Acho que não preciso de dizer mais nada!!!  :CylFou3:  
Claro que o SCWD não gasta energia!!!... e isso é uma boa vantagem..mas.... volto a dizer o mesmo: Cada um no seu espaço e na sua função!!!

Grande Abraço,

Ricardo Lacerda

----------


## Diogo Lopes

Olá a todos,

Em primeiro lugar, quero deixar os meus parabéns para o Ricardo e o Juca por mais este espaço de convívio que se abre.

Nada melhor do que começar com algo que conheço relativamente bem! Há cerca de 1 ano atrás o Alexandre desafiou-me a mandar vir dos EUA uns aparelhómetros esquisitos que não tinhamos bem a certeza da sua funcionalidade. Pois, acabámos por mandar vir 6 e sem dúvida que ficámos satisfeitos.

Tal como o Ricardo diz, penso que o SCWD não compete com as powerhead e muito menos com um wavemaker. São realidades distintas para funções semelhantes, mas apenas complementares. Sem dúvida que o retorno é a melhor opção mas penso que poderá também ser ligado com outras opções.
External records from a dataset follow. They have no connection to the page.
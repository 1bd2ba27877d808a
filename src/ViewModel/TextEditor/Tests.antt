-- ===== src/ViewModel/TextEditor/Tests.antt =====
-- A line of two characters, of which one has two bytes.
use lora_messenger.Common.{ℕ, ◌≡◌, ◌≢◌, ◌↔◌, none, All, refl, inl, List, [], ◌∷◌, arith}
use lora_messenger.Core.Text.Utf8.{encode_text, encode_utf8}
use lora_messenger.Words.Network.{IsByte}
use lora_messenger.ViewModel.TextEditor.Texts.{Fits, set_text-Shows}
use lora_messenger.ViewModel.TextEditor.{TextEditor, set_text}
use lora_messenger.ViewModel.TextEditor.Refines.{Shows}
use lora_messenger.ViewModel.TextEditor.Keys.{left, press, lefts, press-Shows}

abbrev line : TextEditor
line = record { maximum_bytes = 8; text = 97 ∷ 195 ∷ 169 ∷ []; cursor = 3 }

line-Shows : Shows line (97 ∷ 233 ∷ []) []
unfolding encode_text encode_utf8
line-Shows = record {
  scalars_before = (inl (omega arith), (inl (omega arith), tt));
  scalars_after = tt;
  text_same = refl;
  cursor_same = refl;
  size_le = omega arith;
}

press-Shows_example : Shows (press line left) (97 ∷ []) (233 ∷ [])
press-Shows_example =
    press-Shows line left (97 ∷ 233 ∷ []) [] (97 ∷ []) (233 ∷ []) line-Shows
      (lefts (97 ∷ []) [] 233)

line-bytes : All IsByte (97 ∷ 195 ∷ 169 ∷ [])
line-bytes = (omega arith, (omega arith, (omega arith, tt)))

set_text-Shows_example :
    ((set_text line (97 ∷ 195 ∷ 169 ∷ [])).0 ≡ none ↔ Fits line (97 ∷ 195 ∷ 169 ∷ []))
    × ((set_text line (97 ∷ 195 ∷ 169 ∷ [])).0 ≡ none
        → (cs : List ℕ) × (encode_text cs ≡ 97 ∷ 195 ∷ 169 ∷ [])
          × Shows (set_text line (97 ∷ 195 ∷ 169 ∷ [])).1 cs [])
    × ((set_text line (97 ∷ 195 ∷ 169 ∷ [])).0 ≢ none
        → (set_text line (97 ∷ 195 ∷ 169 ∷ [])).1 ≡ line)
set_text-Shows_example = set_text-Shows line (97 ∷ 195 ∷ 169 ∷ []) line-bytes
Usei durante uns meses com um filtro exterior (que servia apenas para a circulação de água) e fiquei satisfeito.


Um abraço,
Diogo

----------


## Vitor Castro FIZO

bom dia.tenho um periodo de cadencia de cerca de 4 ou 5 segundos.de momento como estou em fase de desmontagem deste reef tenho a sump desligada e o squid esta montado dentro do aquario mesmo ao centro.mas no novo reef vou montalo a fazer o retorno da sump

----------


## Claudio Trendo

Olá a todos,

Eu tb tenho um SCWD e será utilizado no meu retorno, porem esse equipamento pode sim ser utilizado em conjunto com bombas de circulação.

Veja um exemplo:



Notem que o SCWD está ligado a uma bomba externa que capta agua de dentro do aquario e não tem nenhuma ligação com o retorno.

----------


## Julio Macieira

Olá a todos
Aqui vai um videozinho que encontrei no forum do nosso amigo Claudio Trendo, que mostra o funcionamento do SCWD.

É certo que as bolhas é para esquecer, mas pelos vistos foi a melhor maneira de demonstrar o seu funcionamento.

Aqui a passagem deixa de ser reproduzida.